# Harlequin rasbora lifespan?



## Shrimplett (Mar 21, 2013)

What's the lifespan of harlequin rasboras? I have 6 that I have had for 4 years and they show no signs of passing soon. Just wondering because I want more fish, but don't want to overstock my tank. Not trying to sound mean to my fish  Thanks.


----------



## BruceF (Aug 5, 2011)

I kept those fish for the longest time. I think they live about 6 years. Very hardy little things.


----------



## Yo-han (Oct 15, 2010)

Most tetra like fish that size get around 5-7 years old. The bigger the fish, the older they get. Some exceptions like killifish and ramirezi for example which have a way shorter life span. Most L-numbers get older.

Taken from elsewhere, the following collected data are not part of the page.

-- ===== src/Automation/Delivery/Retries.antt =====
-- Processing one delivery, and failing over and over (`processOne` and `markFailed` in
-- internal/automation/dispatcher.go).
use delmos.Base.{
  ℕ, ◌≤◌, ◌<◌, ◌≡◌, ◌≢◌, ◌⊎◌, inl, inr, refl, ap, ◌∙◌, arith, String, true, false, Option, none,
  some, List, [], ◌∷◌, Dict, lookup, ok, err, ◌==◌, leb, Bool-cases, Option-cases, Result-cases,
}
use delmos.Automation.Outbox.{Status, pending, delivered, dead_letter, Delivery}
use delmos.Automation.Delivery.{
  has_token, held, ack_row, acknowledge, fail_row, mark_failed, Handler, ClaimedDelivery, Processed,
  committed, no_handler, handler_failed, lease_lost, process_one, no_handler_for,
}
use delmos.Automation.Delivery.Rows.{
  row, UniqueIds, row-acknowledge, row-mark_failed, acknowledge-hit, row-id,
}

-- All rows but one are as they were.
abbrev pub Elsewhere : ℕ → List Delivery → List Delivery → Type 0
Elsewhere id ds ds' = (k : ℕ) → k ≢ id → row k ds' ≡ row k ds

-- The status of a delivery that failed at its so-manieth attempt.
abbrev pub FailedStatus : ℕ → ℕ → Status → Type 0
FailedStatus attempts max s =
    ((attempts < max) × (s ≡ pending)) ⊎ ((max ≤ attempts) × (s ≡ dead_letter))

-- The row holds the error and no token; its attempts are counted already.
abbrev pub RecordsFailure : String → Delivery → Delivery → Type 0
RecordsFailure reason d e =
    FailedStatus d.delivery_attempts d.max_attempts e.status
    × (e.last_error ≡ some reason)
    × (e.lease_token ≡ none)
    × (e.delivery_attempts ≡ d.delivery_attempts)
    × (e.max_attempts ≡ d.max_attempts)

fail_row-RecordsFailure :
    (reason : String) (d : Delivery) → RecordsFailure reason d (fail_row reason d)
fail_row-RecordsFailure reason d = elim (Bool-cases (leb d.max_attempts d.delivery_attempts)) [
  | inl spent ↦ (inr (ground (arith, spent), rw spent refl), refl, refl, refl, refl)
  | inr again ↦ (inl (ground (arith, again), rw again refl), refl, refl, refl, refl)
]

-- A failure is recorded in the row of the delivery, if there is one, and nowhere else.
abbrev pub FailureRecorded : ℕ → String → List Delivery → List Delivery → Type 0
FailureRecorded id reason ds ds' =
    ((d : Delivery)
      → row id ds ≡ some d
      → (e : Delivery) × (row id ds' ≡ some e) × RecordsFailure reason d e)
    × Elsewhere id ds ds'

mark_failed-FailureRecorded :
    (id : ℕ) (reason : String) (ds : List Delivery)
    → FailureRecorded id reason ds (mark_failed id reason ds)
mark_failed-FailureRecorded id reason ds =
    let same : (id == id) ≡ true = ground arith in
    (
      λ d found. (
        fail_row reason d,
        row-mark_failed id id reason ds ∙ rw (same, found) refl,
        fail_row-RecordsFailure reason d,
      ),
      λ k other.
          let apart : (id == k) ≡ false = ground (arith, other) in
          row-mark_failed id k reason ds ∙ rw apart refl,
    )

-- The row held the worker's token, and is delivered now.
abbrev pub Acknowledged : ℕ → ℕ → ℕ → List Delivery → List Delivery → Type 0
Acknowledged now id token ds ds' =
    (d : Delivery) × (e : Delivery) × (row id ds ≡ some d)
    × (d.lease_token ≡ some token)
    × (row id ds' ≡ some e)
    × (e.status ≡ delivered)
    × (e.completed_at ≡ some now)
    × (e.lease_token ≡ none)
    × Elsewhere id ds ds'

has_token-some : (token : ℕ) (o : Option ℕ) → has_token token o ≡ true → o ≡ some token
has_token-some token none h = absurd (cc)
has_token-some token (some t) h = ap some (ground (arith, h))

acknowledge-Elsewhere :
    (now id token : ℕ) (ds : List Delivery) → Elsewhere id ds (acknowledge now id token ds).0
acknowledge-Elsewhere now id token ds k other = elim (Option-cases (row k ds)) [
  | inl missing ↦ row-acknowledge now id token k ds ∙ rw missing refl
  | inr (d, found) ↦
      let its = row-id k ds d found in
      let not_held : held id token d ≡ false = ground (arith, its, other) in
      row-acknowledge now id token k ds ∙ rw (found, not_held) refl
]

acknowledge-Acknowledged :
    (now id token : ℕ) (ds : List Delivery)
    → UniqueIds ds
    → (acknowledge now id token ds).1 ≡ true
    → Acknowledged now id token ds (acknowledge now id token ds).0
acknowledge-Acknowledged now id token ds unique hit =
    let (d, found, holds) = acknowledge-hit now id token ds unique hit in
    (
      d,
      ack_row now d,
      found,
      has_token-some token d.lease_token (ground (arith, holds)),
      row-acknowledge now id token id ds ∙ rw (found, holds) refl,
      refl,
      refl,
      refl,
      acknowledge-Elsewhere now id token ds,
    )

-- No row with the id holds the token.
abbrev pub Lost : ℕ → ℕ → List Delivery → Type 0
Lost id token ds = (d : Delivery) → row id ds ≡ some d → d.lease_token ≢ some token

acknowledge-Lost :
    (now id token : ℕ) (ds : List Delivery)
    → (acknowledge now id token ds).1 ≡ false
    → Lost id token ds
unfolding acknowledge
acknowledge-Lost now id token [] miss d found has = absurd (cc)
acknowledge-Lost now id token (e ∷ ds) miss d found has = elim (Bool-cases (held id token e)) [
  | inl it ↦ absurd (cc (rw (it, acknowledge) at miss))
  | inr other ↦
      let rest = rw (other, acknowledge) at miss in
      elim (Bool-cases (e.id == id)) [
        | inr past ↦ acknowledge-Lost now id token ds rest d (rw past at found) has
        | inl here ↦
            let same : e ≡ d = cc (rw here at found) in
            let token_of = ap (λ x. x.lease_token) same ∙ has in
            let yes : has_token token e.lease_token ≡ true = rw token_of (ground arith) in
            absurd (ground (arith, other, here, yes))
      ]
]

-- What a call of `processOne` on the other tables `w` and the deliveries `ds` has done, by the error
-- it returns.
abbrev pub Effect :
    {W : Type 0}
    → Dict (Handler W)
    → ℕ
    → ℕ
    → ClaimedDelivery
    → W
    → List Delivery
    → W
    → List Delivery
    → Processed
    → Type 0
Effect {W} handlers now token c w ds w' ds' committed =
    (h : Handler W) × (lookup c.trigger_key handlers ≡ some h)
    × (h c.envelope w ≡ ok w')
    × Acknowledged now c.delivery_id token ds ds'
Effect {W} handlers now token c w ds w' ds' lease_lost =
    (w' ≡ w) × (ds' ≡ ds) × Lost c.delivery_id token ds
Effect {W} handlers now token c w ds w' ds' handler_failed =
    (h : Handler W) × (reason : String) × (lookup c.trigger_key handlers ≡ some h)
    × (h c.envelope w ≡ err reason)
    × (w' ≡ w)
    × FailureRecorded c.delivery_id reason ds ds'
Effect {W} handlers now token c w ds w' ds' no_handler =
    (lookup c.trigger_key handlers ≡ none)
    × (w' ≡ w)
    × FailureRecorded c.delivery_id (no_handler_for c.trigger_key) ds ds'

-- In a table whose ids are unique, `processOne` keeps the effect of a handler that goes well exactly
-- when the row of the delivery held the worker's token, and then the row is delivered and without a token. If the
-- token is lost, neither the other tables nor the deliveries change. If the handler fails or is
-- missing, the other tables do not change, and the row holds the error and no token; it is pending
-- while its attempts are fewer than the maximum, and a dead letter otherwise. No other row changes.
pub process_one-Effect :
    {W : Type 0} (handlers : Dict (Handler W)) (now token : ℕ) (c : ClaimedDelivery) (w : W)
    (ds : List Delivery)
    → UniqueIds ds
    → let (w', ds', r) = process_one handlers now token c w ds in
      Effect handlers now token c w ds w' ds' r
unfolding process_one
process_one-Effect handlers now token c w ds unique =
    elim (Option-cases (lookup c.trigger_key handlers)) [
      | inl missing ↦
          rw (missing, process_one)
            (
              missing,
              refl,
              mark_failed-FailureRecorded c.delivery_id (no_handler_for c.trigger_key) ds,
            )
      | inr (h, found) ↦ elim (Result-cases (h c.envelope w)) [
        | inr (reason, broke) ↦
            rw (found, process_one)
              (rw broke (
                h,
                reason,
                found,
                broke,
                refl,
                mark_failed-FailureRecorded c.delivery_id reason ds,
              ))
        | inl (w', done) ↦ elim (Bool-cases (acknowledge now c.delivery_id token ds).1) [
          | inl hit ↦
              rw (found, process_one)
                (rw done (
                  rw hit (
                    h,
                    found,
                    done,
                    acknowledge-Acknowledged now c.delivery_id token ds unique hit,
                  )))
          | inr lost ↦
              rw (found, process_one)
                (rw done (rw lost (refl, refl, acknowledge-Lost now c.delivery_id token ds lost)))
        ]
      ]
    ]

You can always increase the lifespan by keeping the fish on cooler (within their tolerance range) temperatures. They just age slower that way (umzz.. would this work with humans too?).


----------



## TropTrea (Jan 10, 2014)

Keep in mind that the average aquarium owner gets less than 1 year average on any of his fish. But these numbers are saved deeply by the fact that the average fish sold in a pet store does not last 4 months. 

Yes the 4 to 7 range sound about right for these fish provided you know what your doing. I would not be surprised if someone even got closer to 10 years on these little fish. 

I know I have gotten 12 years out of some Cardinal Tetras which used to shock people when they saw their size. That was a low tech 105 gallon planted tank. 13" X 72" and 26" tall. Would do 20 % water changes bi-weekly with pure R.O. Water. Never added any fertilizers etc. other than the fish food.


----------